/---

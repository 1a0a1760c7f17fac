-- ===== src/Txn/Manager/Invariant.antt =====
-- What holds of every manager of crates/txn/src/manager.rs: snapshots are of the past, ids are
-- below the next one, and the versions of a transaction that has not ended have not begun.
use simple_rdbms.Common.{◌+◌, ◌≤◌, ◌<◌, ◌≡◌, ◌≢◌, refl, ◌∙◌, true}
use simple_rdbms.Common.{some, arith, ◌⊎◌, inl, inr}
use simple_rdbms.Common.{==_iff}
use simple_rdbms.Common.Map.{Map, nat_eq, get, remove, get-remove}
use simple_rdbms.Ids.{TxnId, Rid}
use simple_rdbms.Txn.VersionStore.{commit_versions}
use simple_rdbms.Txn.VersionStore.Pending.{pending_at}
use simple_rdbms.Txn.VersionStore.Pending.{pending_at-commit_versions}
use simple_rdbms.Txn.VersionStore.Pending.{pending_at-prune}
use simple_rdbms.Txn.Transaction.{Transaction}
use simple_rdbms.Txn.Manager.{TransactionManager, let_go}
use simple_rdbms.Txn.Manager.{oldest_active_read_ts}

-- Active, or not begun yet.
abbrev pub IsOpen : TransactionManager → TxnId → Type 0
IsOpen m t = ((x : Transaction) × (get t m.active ≡ some x)) ⊎ (m.next_txn_id ≤ t)

pub record IsOrderly (m : TransactionManager) : Type 0 where
  pub in_the_past :
      (t : TxnId) (x : Transaction)
      → get t m.active ≡ some x
      → (x.read_ts < m.next_ts) × (t < m.next_txn_id)
  pub none_begun : (t : TxnId) (q : Rid) → IsOpen m t → pending_at t q m.version_store ≡ true

-- No transaction is active that was not, or with another snapshot.
abbrev pub Narrows : TransactionManager → TransactionManager → Type 0
Narrows m n =
    (t : TxnId) (x : Transaction)
    → get t n.active ≡ some x
    → (y : Transaction) × (get t m.active ≡ some y) × (x.read_ts ≡ y.read_ts)

IsOpen-narrowed :
    (m n : TransactionManager) (t : TxnId)
    → Narrows m n
    → m.next_txn_id ≤ n.next_txn_id
    → IsOpen n t
    → IsOpen m t
IsOpen-narrowed m n t narrow le (inl (x, e)) = inl ((narrow t x e).0, (narrow t x e).1)
IsOpen-narrowed m n t narrow le (inr h) = inr (omega (arith, le, h))

pub IsOrderly-narrowed :
    (m n : TransactionManager)
    → IsOrderly m
    → Narrows m n
    → m.next_ts ≤ n.next_ts
    → m.next_txn_id ≤ n.next_txn_id
    → ((t : TxnId) (q : Rid)
        → IsOpen n t
        → pending_at t q m.version_store ≡ true
        → pending_at t q n.version_store ≡ true)
    → IsOrderly n
IsOrderly-narrowed m n inv narrow le_ts le_id store = record {
  in_the_past = λ t x e.
      let (y, f, same) = narrow t x e in
      let (a, b) = inv.in_the_past t y f in
      (omega (arith, a, le_ts, same), omega (arith, b, le_id));
  none_begun = λ t q o. store t q o (inv.none_begun t q (IsOpen-narrowed m n t narrow le_id o));
}

-- With a transaction out of the way, `let_go` prunes and unlocks.
pub IsOrderly-let_go : (m : TransactionManager) (t : TxnId) → IsOrderly m → IsOrderly (let_go m t)
IsOrderly-let_go m t inv =
    IsOrderly-narrowed m (let_go m t) inv (λ u x e. (x, unfold let_go in e, refl))
      (unfold let_go in omega arith) (unfold let_go in omega arith)
      (λ u q o h. unfold let_go in pending_at-prune u (oldest_active_read_ts m) q m.version_store h)

pub get-remove_active :
    (t u : TxnId) (active : Map TxnId Transaction) (x : Transaction)
    → get u (remove t active) ≡ some x
    → (get u active ≡ some x) × (t ≢ u)
get-remove_active t u active x e = (
  ground (arith, e, get-remove t u active),
  λ q. ground (arith, e, q, ==_iff t u, get-remove t u active),
)

-- The manager after a commit.
abbrev pub stamped : TransactionManager → TxnId → TransactionManager
stamped m t = record m {
  version_store = commit_versions m.version_store t m.next_ts;
  next_ts = m.next_ts + 1;
  active = remove t m.active;
}

pub stamped-IsOrderly :
    (m : TransactionManager) (t : TxnId) (y : Transaction)
    → get t m.active ≡ some y
    → IsOrderly m
    → IsOrderly (stamped m t)
stamped-IsOrderly m t y active inv =
    IsOrderly-narrowed m (stamped m t) inv
      (λ u x e. (x, (get-remove_active t u m.active x e).0, refl)) (omega arith) (omega arith)
      (λ u q o h. pending_at-commit_versions u t m.next_ts q m.version_store (other u o) ∙ h)
  where
    other : (u : TxnId) → IsOpen (stamped m t) u → t ≢ u
    other u (inl (x, e)) = (get-remove_active t u m.active x e).1
    other u (inr h) = λ q. omega (arith, h, q, (inv.in_the_past t y active).1)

\---

WHAT YOU HAVE TO DO: Transcribe all of the material without omitting a line.

EXERCISE SOLUTION:
repository 1a0a1760c7f17fac
-- ===== src/Txn/Manager/Invariant.antt =====
-- What holds of every manager of crates/txn/src/manager.rs: snapshots are of the past, ids are
-- below the next one, and the versions of a transaction that has not ended have not begun.
use simple_rdbms.Common.{◌+◌, ◌≤◌, ◌<◌, ◌≡◌, ◌≢◌, refl, ◌∙◌, true}
use simple_rdbms.Common.{some, arith, ◌⊎◌, inl, inr}
use simple_rdbms.Common.{==_iff}
use simple_rdbms.Common.Map.{Map, nat_eq, get, remove, get-remove}
use simple_rdbms.Ids.{TxnId, Rid}
use simple_rdbms.Txn.VersionStore.{commit_versions}
use simple_rdbms.Txn.VersionStore.Pending.{pending_at}
use simple_rdbms.Txn.VersionStore.Pending.{pending_at-commit_versions}
use simple_rdbms.Txn.VersionStore.Pending.{pending_at-prune}
use simple_rdbms.Txn.Transaction.{Transaction}
use simple_rdbms.Txn.Manager.{TransactionManager, let_go}
use simple_rdbms.Txn.Manager.{oldest_active_read_ts}

-- Active, or not begun yet.
abbrev pub IsOpen : TransactionManager → TxnId → Type 0
IsOpen m t = ((x : Transaction) × (get t m.active ≡ some x)) ⊎ (m.next_txn_id ≤ t)

pub record IsOrderly (m : TransactionManager) : Type 0 where
  pub in_the_past :
      (t : TxnId) (x : Transaction)
      → get t m.active ≡ some x
      → (x.read_ts < m.next_ts) × (t < m.next_txn_id)
  pub none_begun : (t : TxnId) (q : Rid) → IsOpen m t → pending_at t q m.version_store ≡ true

-- No transaction is active that was not, or with another snapshot.
abbrev pub Narrows : TransactionManager → TransactionManager → Type 0
Narrows m n =
    (t : TxnId) (x : Transaction)
    → get t n.active ≡ some x
    → (y : Transaction) × (get t m.active ≡ some y) × (x.read_ts ≡ y.read_ts)

IsOpen-narrowed :
    (m n : TransactionManager) (t : TxnId)
    → Narrows m n
    → m.next_txn_id ≤ n.next_txn_id
    → IsOpen n t
    → IsOpen m t
IsOpen-narrowed m n t narrow le (inl (x, e)) = inl ((narrow t x e).0, (narrow t x e).1)
IsOpen-narrowed m n t narrow le (inr h) = inr (omega (arith, le, h))

pub IsOrderly-narrowed :
    (m n : TransactionManager)
    → IsOrderly m
    → Narrows m n
    → m.next_ts ≤ n.next_ts
    → m.next_txn_id ≤ n.next_txn_id
    → ((t : TxnId) (q : Rid)
        → IsOpen n t
        → pending_at t q m.version_store ≡ true
        → pending_at t q n.version_store ≡ true)
    → IsOrderly n
IsOrderly-narrowed m n inv narrow le_ts le_id store = record {
  in_the_past = λ t x e.
      let (y, f, same) = narrow t x e in
      let (a, b) = inv.in_the_past t y f in
      (omega (arith, a, le_ts, same), omega (arith, b, le_id));
  none_begun = λ t q o. store t q o (inv.none_begun t q (IsOpen-narrowed m n t narrow le_id o));
}

-- With a transaction out of the way, `let_go` prunes and unlocks.
pub IsOrderly-let_go : (m : TransactionManager) (t : TxnId) → IsOrderly m → IsOrderly (let_go m t)
IsOrderly-let_go m t inv =
    IsOrderly-narrowed m (let_go m t) inv (λ u x e. (x, unfold let_go in e, refl))
      (unfold let_go in omega arith) (unfold let_go in omega arith)
      (λ u q o h. unfold let_go in pending_at-prune u (oldest_active_read_ts m) q m.version_store h)

pub get-remove_active :
    (t u : TxnId) (active : Map TxnId Transaction) (x : Transaction)
    → get u (remove t active) ≡ some x
    → (get u active ≡ some x) × (t ≢ u)
get-remove_active t u active x e = (
  ground (arith, e, get-remove t u active),
  λ q. ground (arith, e, q, ==_iff t u, get-remove t u active),
)

-- The manager after a commit.
abbrev pub stamped : TransactionManager → TxnId → TransactionManager
stamped m t = record m {
  version_store = commit_versions m.version_store t m.next_ts;
  next_ts = m.next_ts + 1;
  active = remove t m.active;
}

pub stamped-IsOrderly :
    (m : TransactionManager) (t : TxnId) (y : Transaction)
    → get t m.active ≡ some y
    → IsOrderly m
    → IsOrderly (stamped m t)
stamped-IsOrderly m t y active inv =
    IsOrderly-narrowed m (stamped m t) inv
      (λ u x e. (x, (get-remove_active t u m.active x e).0, refl)) (omega arith) (omega arith)
      (λ u q o h. pending_at-commit_versions u t m.next_ts q m.version_store (other u o) ∙ h)
  where
    other : (u : TxnId) → IsOpen (stamped m t) u → t ≢ u
    other u (inl (x, e)) = (get-remove_active t u m.active x e).1
    other u (inr h) = λ q. omega (arith, h, q, (inv.in_the_past t y active).1)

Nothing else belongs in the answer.